=== Begin Enclosure ===
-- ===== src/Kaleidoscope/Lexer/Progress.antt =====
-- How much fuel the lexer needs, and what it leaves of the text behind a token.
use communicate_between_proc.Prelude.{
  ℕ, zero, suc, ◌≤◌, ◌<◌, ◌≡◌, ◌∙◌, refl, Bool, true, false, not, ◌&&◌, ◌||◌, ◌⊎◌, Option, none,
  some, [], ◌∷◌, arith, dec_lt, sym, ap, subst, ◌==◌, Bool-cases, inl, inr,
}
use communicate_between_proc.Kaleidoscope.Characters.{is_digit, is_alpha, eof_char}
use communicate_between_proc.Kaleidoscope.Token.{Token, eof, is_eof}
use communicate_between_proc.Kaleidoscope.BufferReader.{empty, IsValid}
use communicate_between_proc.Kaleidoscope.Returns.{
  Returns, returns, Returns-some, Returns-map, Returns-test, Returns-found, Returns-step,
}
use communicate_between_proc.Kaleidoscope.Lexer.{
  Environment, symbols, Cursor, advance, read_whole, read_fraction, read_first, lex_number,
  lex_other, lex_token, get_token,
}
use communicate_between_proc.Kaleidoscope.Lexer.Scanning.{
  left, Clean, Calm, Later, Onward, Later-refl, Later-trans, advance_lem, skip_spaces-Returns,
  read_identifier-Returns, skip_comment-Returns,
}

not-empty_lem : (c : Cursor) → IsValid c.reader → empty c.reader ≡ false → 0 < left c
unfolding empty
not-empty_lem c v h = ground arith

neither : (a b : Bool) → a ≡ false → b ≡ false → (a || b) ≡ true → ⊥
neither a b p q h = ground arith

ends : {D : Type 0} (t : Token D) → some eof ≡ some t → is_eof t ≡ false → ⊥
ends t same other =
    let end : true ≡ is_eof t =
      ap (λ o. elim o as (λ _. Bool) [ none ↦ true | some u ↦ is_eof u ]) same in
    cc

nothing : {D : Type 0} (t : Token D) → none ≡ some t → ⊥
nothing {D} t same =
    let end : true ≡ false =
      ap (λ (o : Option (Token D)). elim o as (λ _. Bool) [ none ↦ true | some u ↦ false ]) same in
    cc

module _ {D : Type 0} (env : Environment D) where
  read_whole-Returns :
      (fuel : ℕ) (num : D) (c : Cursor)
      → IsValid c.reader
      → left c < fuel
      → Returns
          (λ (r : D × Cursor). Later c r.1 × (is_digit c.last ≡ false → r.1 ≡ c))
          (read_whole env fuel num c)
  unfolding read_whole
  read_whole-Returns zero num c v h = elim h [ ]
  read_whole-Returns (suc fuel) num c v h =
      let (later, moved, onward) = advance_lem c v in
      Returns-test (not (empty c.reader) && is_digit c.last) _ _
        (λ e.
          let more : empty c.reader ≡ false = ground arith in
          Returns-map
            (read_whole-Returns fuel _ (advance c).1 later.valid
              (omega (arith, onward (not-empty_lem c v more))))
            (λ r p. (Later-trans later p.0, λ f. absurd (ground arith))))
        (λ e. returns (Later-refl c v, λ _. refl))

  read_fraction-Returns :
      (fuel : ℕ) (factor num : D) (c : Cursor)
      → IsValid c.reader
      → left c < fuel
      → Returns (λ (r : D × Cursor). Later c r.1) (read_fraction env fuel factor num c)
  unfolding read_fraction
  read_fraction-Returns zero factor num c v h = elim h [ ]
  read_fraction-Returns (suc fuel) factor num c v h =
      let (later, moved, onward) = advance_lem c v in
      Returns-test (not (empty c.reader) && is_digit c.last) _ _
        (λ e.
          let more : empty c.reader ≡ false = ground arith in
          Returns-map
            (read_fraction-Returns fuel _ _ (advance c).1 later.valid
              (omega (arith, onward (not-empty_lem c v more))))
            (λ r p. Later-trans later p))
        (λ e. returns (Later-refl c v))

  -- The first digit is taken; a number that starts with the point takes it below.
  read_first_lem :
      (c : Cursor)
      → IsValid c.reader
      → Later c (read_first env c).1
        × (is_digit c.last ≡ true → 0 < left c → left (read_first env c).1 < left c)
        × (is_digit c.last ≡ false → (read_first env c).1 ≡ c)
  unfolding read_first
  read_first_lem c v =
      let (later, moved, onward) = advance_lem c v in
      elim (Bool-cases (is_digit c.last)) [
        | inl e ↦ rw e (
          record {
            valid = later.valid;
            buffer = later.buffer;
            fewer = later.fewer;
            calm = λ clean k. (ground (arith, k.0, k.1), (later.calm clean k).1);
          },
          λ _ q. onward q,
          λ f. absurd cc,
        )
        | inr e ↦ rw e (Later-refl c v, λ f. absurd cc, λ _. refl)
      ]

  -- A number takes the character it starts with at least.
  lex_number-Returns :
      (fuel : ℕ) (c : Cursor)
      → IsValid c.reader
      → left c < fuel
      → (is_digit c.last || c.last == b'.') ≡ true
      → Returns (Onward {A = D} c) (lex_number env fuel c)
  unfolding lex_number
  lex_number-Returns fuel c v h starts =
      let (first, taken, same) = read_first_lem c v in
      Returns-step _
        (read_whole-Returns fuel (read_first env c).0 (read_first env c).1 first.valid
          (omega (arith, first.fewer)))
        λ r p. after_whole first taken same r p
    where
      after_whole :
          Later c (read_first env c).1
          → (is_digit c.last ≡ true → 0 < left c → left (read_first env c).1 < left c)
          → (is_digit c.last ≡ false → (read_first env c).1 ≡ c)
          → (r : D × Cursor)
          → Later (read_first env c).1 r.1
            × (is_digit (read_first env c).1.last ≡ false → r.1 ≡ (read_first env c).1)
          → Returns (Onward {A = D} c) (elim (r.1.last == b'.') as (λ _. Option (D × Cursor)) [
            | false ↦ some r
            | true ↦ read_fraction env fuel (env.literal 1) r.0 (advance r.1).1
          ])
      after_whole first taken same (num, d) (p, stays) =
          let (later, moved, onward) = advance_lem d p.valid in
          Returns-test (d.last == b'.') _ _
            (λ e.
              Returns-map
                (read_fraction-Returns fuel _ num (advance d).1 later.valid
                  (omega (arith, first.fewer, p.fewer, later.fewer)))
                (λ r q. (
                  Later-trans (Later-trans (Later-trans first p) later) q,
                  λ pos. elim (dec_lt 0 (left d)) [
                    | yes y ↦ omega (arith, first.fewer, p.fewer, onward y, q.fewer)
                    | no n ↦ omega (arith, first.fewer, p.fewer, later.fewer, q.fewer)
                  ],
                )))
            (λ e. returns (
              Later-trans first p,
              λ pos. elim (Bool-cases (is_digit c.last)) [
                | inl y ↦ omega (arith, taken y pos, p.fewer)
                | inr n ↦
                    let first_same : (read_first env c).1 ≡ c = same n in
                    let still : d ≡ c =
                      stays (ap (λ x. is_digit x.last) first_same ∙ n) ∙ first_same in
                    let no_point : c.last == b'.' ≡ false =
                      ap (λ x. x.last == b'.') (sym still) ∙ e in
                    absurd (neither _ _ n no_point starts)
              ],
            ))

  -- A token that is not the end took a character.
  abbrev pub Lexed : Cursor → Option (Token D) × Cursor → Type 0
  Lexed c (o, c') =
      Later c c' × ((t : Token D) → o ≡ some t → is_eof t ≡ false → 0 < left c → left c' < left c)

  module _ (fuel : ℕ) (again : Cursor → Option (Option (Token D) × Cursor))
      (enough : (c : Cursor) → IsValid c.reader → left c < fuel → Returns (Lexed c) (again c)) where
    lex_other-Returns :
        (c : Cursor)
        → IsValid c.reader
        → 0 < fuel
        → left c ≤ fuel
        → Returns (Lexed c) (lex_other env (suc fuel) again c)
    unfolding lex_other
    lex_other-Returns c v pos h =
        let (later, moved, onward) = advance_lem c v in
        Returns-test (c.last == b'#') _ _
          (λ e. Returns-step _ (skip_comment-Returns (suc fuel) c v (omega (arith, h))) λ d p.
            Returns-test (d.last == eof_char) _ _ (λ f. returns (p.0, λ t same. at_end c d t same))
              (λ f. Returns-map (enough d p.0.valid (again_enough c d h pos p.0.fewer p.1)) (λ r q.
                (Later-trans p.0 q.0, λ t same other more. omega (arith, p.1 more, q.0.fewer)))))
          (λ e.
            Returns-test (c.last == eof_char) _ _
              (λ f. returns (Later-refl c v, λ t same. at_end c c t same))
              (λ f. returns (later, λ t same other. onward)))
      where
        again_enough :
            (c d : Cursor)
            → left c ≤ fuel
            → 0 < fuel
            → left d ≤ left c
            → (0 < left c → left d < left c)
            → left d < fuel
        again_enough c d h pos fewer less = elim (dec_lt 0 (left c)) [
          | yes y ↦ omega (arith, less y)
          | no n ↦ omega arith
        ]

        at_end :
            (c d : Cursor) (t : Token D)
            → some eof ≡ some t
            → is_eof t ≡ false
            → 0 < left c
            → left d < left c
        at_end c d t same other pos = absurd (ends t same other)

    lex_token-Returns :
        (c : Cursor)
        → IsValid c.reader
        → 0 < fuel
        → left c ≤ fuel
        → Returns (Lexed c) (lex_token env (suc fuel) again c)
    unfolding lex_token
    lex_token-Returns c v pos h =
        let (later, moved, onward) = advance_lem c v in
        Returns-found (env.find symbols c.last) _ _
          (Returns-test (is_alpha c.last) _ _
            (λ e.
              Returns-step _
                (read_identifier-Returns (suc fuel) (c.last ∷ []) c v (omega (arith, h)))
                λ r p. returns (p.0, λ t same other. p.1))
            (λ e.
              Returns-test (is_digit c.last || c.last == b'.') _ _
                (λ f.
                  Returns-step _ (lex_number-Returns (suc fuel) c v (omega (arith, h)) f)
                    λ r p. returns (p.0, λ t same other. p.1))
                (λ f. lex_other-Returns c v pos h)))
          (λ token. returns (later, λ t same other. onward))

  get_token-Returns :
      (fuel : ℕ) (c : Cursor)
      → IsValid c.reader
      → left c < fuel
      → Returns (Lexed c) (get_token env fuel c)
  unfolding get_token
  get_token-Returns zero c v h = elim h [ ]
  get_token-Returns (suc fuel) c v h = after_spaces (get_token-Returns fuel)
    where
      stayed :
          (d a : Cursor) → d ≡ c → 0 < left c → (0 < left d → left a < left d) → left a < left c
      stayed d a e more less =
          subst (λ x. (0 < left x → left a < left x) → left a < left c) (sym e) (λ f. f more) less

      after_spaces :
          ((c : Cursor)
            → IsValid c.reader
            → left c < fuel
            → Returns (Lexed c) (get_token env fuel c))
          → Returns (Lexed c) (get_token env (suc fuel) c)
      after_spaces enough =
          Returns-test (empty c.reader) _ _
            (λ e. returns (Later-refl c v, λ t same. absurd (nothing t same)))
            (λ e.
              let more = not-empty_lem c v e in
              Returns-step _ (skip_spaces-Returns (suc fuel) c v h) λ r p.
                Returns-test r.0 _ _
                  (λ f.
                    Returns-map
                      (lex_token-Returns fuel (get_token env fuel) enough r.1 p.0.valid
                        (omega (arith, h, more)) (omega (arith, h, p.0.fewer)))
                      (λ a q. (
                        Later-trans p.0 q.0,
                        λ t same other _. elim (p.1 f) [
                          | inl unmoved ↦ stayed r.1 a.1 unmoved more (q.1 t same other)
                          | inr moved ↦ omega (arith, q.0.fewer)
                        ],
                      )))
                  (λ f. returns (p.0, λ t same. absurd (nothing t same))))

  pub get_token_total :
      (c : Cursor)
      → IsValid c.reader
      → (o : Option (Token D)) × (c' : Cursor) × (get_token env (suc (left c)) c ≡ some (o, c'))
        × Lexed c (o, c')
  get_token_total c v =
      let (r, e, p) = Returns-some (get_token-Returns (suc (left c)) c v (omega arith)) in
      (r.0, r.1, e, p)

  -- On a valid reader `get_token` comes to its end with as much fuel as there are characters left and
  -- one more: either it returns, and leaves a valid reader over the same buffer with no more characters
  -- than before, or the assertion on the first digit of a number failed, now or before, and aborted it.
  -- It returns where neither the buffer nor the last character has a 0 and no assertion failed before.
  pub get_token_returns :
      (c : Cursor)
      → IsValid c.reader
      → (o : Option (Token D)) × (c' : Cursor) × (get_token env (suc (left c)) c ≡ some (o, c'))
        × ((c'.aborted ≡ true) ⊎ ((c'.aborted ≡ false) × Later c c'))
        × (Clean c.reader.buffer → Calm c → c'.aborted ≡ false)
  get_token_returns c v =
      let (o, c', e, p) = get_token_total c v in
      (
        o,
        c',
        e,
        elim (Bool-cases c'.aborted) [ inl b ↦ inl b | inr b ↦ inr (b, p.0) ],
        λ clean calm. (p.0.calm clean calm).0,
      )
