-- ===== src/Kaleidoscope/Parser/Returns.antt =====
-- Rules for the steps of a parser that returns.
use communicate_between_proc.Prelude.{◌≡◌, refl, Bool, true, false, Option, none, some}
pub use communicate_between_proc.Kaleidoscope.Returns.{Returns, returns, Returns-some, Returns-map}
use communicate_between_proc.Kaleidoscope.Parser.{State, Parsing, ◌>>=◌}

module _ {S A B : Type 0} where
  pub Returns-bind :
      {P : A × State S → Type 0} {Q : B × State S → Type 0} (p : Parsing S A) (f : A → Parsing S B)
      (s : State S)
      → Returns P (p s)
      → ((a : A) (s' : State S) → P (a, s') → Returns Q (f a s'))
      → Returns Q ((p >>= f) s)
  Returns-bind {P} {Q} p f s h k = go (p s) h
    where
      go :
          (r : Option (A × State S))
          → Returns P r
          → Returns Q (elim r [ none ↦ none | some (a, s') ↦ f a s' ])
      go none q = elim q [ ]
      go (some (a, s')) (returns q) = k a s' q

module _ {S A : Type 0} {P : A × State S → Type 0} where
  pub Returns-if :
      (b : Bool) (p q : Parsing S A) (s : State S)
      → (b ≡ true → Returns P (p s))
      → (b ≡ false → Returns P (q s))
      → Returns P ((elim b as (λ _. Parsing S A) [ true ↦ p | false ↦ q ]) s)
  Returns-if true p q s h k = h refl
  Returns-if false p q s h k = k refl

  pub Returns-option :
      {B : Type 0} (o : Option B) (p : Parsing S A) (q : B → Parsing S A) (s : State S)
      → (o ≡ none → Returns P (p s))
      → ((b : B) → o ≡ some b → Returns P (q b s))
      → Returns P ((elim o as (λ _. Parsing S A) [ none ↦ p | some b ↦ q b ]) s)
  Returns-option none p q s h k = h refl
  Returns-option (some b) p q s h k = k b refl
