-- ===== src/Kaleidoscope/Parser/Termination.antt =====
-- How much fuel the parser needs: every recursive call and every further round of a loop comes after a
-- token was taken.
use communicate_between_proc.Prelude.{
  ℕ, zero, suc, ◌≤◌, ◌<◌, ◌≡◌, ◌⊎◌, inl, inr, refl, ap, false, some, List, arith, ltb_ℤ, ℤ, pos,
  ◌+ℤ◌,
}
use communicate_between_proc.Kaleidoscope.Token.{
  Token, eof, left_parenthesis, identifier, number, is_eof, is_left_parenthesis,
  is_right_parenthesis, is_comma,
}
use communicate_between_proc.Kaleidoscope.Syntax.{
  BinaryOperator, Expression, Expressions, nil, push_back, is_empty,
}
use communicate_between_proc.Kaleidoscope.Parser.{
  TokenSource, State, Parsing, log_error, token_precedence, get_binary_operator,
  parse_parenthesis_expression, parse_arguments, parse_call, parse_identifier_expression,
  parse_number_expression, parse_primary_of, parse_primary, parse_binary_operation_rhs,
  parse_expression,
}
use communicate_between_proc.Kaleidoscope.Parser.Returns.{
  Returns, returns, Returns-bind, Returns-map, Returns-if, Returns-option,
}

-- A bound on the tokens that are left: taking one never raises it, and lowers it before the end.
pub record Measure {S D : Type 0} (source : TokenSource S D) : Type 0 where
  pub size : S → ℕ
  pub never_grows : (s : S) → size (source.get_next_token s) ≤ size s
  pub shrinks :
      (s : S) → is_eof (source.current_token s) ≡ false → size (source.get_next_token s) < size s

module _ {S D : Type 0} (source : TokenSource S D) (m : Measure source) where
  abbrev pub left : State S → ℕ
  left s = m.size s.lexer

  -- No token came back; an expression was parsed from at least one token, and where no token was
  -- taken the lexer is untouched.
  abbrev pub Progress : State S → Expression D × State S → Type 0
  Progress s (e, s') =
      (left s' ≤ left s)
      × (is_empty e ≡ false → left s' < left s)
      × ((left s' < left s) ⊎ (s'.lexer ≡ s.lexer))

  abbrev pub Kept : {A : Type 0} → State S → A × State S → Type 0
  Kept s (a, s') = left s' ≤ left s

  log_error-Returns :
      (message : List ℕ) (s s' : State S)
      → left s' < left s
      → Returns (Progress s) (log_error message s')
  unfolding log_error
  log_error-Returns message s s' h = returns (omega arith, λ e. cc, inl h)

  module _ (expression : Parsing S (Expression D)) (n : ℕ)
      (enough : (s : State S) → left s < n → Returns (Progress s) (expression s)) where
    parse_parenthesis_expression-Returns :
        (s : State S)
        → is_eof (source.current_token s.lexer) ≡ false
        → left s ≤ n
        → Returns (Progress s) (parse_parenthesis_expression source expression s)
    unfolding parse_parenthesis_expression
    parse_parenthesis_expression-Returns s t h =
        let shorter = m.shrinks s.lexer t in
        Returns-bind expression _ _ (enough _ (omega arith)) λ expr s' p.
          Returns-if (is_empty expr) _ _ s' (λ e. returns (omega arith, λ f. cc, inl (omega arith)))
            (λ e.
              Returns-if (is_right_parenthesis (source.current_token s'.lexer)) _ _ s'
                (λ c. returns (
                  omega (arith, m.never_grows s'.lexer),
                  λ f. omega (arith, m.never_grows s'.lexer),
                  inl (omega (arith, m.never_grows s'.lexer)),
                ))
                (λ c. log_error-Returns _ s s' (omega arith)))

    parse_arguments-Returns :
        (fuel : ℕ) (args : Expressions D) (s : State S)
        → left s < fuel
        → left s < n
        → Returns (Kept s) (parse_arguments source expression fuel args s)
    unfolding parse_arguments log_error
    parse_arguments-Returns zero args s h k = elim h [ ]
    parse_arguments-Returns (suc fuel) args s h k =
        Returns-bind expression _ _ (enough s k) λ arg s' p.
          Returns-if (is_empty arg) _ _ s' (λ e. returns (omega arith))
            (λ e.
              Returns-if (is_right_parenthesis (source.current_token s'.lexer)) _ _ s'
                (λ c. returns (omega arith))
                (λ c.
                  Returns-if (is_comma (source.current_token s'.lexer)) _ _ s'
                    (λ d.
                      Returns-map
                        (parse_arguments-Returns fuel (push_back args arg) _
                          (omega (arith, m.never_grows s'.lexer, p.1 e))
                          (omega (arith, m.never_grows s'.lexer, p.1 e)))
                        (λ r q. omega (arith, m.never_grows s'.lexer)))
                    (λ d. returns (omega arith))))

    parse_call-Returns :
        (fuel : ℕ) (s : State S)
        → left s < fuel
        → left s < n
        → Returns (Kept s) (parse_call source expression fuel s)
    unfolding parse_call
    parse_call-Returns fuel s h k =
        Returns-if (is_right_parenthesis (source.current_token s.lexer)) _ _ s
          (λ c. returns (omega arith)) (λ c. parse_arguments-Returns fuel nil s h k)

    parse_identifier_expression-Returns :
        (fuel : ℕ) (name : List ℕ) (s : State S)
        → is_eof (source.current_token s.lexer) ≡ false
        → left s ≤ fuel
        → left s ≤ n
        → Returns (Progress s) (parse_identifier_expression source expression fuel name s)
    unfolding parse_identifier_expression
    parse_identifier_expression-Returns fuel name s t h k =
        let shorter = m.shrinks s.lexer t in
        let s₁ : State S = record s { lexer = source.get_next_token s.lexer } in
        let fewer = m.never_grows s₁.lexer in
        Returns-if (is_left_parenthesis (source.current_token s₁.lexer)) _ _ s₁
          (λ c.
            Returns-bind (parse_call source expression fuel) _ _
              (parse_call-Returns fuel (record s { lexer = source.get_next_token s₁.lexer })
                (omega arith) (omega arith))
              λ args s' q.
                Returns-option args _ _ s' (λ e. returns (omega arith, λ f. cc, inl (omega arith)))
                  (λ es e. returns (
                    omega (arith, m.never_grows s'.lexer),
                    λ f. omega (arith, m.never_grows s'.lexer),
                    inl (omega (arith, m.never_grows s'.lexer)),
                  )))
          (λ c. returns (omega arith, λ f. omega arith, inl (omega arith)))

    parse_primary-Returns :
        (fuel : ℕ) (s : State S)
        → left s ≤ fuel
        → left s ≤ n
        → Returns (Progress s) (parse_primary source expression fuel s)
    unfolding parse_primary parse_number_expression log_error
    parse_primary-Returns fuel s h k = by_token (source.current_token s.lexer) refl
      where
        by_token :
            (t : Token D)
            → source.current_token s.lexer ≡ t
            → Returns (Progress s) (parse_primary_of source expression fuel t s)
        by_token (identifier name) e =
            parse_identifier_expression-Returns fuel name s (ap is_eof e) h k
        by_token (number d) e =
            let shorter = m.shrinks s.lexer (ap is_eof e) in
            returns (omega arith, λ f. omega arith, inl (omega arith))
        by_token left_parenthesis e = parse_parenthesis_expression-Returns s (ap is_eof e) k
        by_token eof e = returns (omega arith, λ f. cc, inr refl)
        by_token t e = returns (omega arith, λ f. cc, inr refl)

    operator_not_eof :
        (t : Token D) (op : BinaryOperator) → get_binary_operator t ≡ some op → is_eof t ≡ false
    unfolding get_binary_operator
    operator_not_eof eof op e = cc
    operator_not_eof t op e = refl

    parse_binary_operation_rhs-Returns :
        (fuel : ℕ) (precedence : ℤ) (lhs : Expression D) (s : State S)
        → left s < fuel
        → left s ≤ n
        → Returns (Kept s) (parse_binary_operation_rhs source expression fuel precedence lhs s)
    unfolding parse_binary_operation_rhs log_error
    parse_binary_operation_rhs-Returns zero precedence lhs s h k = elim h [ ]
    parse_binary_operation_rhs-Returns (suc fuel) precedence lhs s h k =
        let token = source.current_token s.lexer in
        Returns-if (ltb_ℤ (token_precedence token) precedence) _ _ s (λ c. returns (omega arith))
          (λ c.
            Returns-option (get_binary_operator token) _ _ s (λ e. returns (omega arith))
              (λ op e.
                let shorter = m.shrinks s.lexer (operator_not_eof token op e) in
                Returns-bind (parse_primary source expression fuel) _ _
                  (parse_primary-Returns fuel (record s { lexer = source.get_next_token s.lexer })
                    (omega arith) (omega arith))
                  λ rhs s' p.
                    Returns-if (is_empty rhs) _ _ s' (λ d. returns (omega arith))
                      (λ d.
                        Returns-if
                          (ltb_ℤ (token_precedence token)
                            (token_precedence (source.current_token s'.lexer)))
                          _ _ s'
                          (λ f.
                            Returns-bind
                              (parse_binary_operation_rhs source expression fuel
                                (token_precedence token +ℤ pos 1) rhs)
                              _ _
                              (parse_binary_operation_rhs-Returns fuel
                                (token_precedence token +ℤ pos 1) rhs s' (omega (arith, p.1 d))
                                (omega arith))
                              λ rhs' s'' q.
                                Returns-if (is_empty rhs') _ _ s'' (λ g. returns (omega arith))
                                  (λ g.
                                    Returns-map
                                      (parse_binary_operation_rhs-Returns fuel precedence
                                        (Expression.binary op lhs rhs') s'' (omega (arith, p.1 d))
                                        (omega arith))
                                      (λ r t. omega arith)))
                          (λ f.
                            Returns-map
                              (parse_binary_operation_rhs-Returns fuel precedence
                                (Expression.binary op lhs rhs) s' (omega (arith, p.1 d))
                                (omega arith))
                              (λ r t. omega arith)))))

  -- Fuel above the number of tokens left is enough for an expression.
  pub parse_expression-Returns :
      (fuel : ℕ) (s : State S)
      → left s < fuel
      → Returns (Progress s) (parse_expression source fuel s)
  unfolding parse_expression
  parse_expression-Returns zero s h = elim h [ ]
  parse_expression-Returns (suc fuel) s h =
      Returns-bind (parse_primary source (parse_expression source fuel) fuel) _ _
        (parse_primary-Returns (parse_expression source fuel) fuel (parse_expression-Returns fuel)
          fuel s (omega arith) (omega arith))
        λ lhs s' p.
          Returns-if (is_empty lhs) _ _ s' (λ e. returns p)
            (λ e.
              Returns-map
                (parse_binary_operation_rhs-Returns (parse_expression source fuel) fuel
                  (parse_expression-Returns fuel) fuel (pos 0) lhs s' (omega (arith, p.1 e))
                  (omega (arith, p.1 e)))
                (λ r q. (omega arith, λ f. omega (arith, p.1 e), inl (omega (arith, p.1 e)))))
=== End Enclosure ===
▶ Activity: From the listing above, copy all lines holding the word "shorter".

▶ Worked solution:
        let shorter = m.shrinks s.lexer t in
        let shorter = m.shrinks s.lexer t in
            let shorter = m.shrinks s.lexer (ap is_eof e) in
                let shorter = m.shrinks s.lexer (operator_not_eof token op e) in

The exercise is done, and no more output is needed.